*Task item*
Write out again, exactly, the lines below starting at the one with "mgmt = left.mine;" and ending at the one with "s) ≡ ok t h".

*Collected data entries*
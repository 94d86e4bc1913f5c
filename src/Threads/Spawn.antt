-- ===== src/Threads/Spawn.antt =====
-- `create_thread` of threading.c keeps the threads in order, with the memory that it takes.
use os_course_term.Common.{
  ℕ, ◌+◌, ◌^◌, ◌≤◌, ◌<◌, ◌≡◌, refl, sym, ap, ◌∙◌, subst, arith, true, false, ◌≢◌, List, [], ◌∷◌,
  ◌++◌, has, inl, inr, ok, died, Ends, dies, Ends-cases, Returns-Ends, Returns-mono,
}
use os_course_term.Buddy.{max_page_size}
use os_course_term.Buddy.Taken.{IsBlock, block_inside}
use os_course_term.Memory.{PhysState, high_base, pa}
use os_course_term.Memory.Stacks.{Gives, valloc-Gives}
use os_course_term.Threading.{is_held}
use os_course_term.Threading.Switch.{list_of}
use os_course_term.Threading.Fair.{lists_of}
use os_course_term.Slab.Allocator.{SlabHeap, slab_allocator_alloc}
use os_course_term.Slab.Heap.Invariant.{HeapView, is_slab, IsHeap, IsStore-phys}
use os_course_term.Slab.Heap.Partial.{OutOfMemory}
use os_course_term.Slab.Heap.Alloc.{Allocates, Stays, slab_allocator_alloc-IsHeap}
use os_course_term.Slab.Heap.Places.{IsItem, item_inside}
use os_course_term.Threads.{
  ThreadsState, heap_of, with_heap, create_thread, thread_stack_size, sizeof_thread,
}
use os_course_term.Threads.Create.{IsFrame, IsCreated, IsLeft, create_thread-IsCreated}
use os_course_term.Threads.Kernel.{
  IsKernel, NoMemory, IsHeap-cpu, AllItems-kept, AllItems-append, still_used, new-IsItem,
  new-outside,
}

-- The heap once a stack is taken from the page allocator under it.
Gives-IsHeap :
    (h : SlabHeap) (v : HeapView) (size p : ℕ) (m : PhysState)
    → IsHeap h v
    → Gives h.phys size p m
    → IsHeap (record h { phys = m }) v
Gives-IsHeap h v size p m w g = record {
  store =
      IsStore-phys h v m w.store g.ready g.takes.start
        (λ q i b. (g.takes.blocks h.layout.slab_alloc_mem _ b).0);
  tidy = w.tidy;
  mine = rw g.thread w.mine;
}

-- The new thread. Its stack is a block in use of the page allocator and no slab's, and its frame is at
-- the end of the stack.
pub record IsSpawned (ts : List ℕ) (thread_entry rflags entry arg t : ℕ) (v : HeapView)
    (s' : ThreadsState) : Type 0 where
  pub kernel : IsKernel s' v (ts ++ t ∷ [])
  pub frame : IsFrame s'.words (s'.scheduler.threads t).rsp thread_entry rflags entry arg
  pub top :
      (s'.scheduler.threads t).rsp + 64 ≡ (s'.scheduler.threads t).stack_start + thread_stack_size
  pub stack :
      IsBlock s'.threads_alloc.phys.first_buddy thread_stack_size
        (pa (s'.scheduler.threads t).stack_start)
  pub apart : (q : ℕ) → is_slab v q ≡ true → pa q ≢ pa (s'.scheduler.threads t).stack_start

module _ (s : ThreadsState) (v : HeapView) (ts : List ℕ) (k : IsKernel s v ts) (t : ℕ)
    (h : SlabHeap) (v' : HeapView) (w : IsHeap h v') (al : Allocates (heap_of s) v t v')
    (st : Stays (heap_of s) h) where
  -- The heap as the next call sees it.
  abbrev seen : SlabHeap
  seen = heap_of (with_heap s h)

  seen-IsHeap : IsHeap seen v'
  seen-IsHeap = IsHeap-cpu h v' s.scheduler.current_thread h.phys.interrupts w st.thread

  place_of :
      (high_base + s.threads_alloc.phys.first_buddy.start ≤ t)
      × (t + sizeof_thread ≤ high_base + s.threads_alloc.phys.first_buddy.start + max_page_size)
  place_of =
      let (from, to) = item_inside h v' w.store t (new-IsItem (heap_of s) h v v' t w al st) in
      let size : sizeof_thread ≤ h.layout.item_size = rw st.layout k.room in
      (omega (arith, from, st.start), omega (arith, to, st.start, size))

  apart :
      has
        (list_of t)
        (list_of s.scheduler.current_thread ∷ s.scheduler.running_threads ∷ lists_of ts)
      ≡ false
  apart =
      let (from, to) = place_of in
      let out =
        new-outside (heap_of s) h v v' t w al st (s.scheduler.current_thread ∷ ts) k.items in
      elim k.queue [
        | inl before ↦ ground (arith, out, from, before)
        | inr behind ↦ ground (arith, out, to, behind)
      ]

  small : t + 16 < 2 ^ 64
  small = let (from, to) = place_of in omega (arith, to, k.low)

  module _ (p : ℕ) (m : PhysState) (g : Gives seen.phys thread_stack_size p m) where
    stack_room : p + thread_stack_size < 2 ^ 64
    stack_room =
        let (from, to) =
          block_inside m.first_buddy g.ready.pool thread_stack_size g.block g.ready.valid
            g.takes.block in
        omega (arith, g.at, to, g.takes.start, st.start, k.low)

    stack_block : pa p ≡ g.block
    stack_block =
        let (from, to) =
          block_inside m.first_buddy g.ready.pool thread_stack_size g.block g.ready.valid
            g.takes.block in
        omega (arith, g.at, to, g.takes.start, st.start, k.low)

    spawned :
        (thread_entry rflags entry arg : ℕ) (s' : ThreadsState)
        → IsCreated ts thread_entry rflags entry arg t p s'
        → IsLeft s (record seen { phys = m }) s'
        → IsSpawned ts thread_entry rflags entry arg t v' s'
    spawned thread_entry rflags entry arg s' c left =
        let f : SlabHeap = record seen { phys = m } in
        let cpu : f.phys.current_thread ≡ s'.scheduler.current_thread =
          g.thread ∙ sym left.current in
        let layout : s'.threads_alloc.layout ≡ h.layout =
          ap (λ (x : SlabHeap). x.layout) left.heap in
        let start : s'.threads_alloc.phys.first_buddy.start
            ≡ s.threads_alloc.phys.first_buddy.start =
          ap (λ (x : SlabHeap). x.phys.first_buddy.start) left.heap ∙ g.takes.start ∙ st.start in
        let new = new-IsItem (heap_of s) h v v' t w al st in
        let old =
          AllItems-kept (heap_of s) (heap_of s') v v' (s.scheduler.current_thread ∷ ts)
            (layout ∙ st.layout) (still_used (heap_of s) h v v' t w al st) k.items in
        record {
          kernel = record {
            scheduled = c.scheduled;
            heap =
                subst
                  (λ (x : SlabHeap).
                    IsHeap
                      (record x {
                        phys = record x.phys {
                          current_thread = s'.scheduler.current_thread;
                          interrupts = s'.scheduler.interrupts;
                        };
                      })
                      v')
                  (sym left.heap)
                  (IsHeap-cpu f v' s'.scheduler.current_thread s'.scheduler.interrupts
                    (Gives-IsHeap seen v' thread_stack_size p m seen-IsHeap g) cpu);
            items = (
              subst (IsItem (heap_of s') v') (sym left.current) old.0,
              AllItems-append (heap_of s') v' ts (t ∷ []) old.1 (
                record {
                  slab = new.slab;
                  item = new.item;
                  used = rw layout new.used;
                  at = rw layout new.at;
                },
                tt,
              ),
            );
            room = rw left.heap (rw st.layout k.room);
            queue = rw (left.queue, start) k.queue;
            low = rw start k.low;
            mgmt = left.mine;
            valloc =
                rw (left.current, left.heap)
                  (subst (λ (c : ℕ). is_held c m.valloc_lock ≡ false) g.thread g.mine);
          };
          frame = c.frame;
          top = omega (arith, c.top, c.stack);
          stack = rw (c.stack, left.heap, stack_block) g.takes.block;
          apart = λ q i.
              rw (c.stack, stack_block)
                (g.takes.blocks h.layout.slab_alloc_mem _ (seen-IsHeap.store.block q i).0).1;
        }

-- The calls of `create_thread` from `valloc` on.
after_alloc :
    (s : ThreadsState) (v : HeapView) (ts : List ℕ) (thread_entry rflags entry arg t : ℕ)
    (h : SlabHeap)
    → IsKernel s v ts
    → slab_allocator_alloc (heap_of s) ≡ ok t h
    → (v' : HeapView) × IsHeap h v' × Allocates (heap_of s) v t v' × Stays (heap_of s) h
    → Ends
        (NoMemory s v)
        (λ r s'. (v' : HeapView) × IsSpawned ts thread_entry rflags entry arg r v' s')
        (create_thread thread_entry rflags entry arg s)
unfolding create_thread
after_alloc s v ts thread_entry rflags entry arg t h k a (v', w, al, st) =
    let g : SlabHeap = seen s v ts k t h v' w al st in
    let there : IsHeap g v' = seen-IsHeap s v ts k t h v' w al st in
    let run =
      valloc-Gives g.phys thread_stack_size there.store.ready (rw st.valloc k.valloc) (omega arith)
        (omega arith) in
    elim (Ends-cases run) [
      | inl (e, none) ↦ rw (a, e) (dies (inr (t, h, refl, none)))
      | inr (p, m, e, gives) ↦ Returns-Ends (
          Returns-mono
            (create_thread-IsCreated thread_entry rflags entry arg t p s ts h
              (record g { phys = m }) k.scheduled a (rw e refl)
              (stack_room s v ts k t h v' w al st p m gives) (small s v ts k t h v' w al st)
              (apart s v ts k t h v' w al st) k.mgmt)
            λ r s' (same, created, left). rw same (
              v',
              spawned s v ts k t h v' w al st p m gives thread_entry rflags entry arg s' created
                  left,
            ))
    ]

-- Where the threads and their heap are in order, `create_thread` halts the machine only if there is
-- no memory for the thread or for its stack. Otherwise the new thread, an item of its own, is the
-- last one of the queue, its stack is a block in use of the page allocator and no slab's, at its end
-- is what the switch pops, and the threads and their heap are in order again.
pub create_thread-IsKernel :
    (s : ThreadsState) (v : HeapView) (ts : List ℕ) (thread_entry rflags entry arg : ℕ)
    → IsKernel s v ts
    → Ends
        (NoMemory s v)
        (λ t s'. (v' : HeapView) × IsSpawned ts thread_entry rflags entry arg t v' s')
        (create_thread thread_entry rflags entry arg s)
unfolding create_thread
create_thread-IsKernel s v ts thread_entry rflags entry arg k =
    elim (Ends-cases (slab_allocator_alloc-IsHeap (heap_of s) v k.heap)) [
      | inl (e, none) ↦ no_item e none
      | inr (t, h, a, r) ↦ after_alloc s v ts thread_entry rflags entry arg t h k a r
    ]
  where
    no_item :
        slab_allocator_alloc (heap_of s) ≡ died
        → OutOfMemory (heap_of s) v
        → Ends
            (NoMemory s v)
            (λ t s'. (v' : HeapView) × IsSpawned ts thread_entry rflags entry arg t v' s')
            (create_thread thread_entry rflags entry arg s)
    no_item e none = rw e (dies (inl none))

*Response*
            mgmt = left.mine;
            valloc =
                rw (left.current, left.heap)
                  (subst (λ (c : ℕ). is_held c m.valloc_lock ≡ false) g.thread g.mine);
          };
          frame = c.frame;
          top = omega (arith, c.top, c.stack);
          stack = rw (c.stack, left.heap, stack_block) g.takes.block;
          apart = λ q i.
              rw (c.stack, stack_block)
                (g.takes.blocks h.layout.slab_alloc_mem _ (seen-IsHeap.store.block q i).0).1;
        }

-- The calls of `create_thread` from `valloc` on.
after_alloc :
    (s : ThreadsState) (v : HeapView) (ts : List ℕ) (thread_entry rflags entry arg t : ℕ)
    (h : SlabHeap)
    → IsKernel s v ts
    → slab_allocator_alloc (heap_of s) ≡ ok t h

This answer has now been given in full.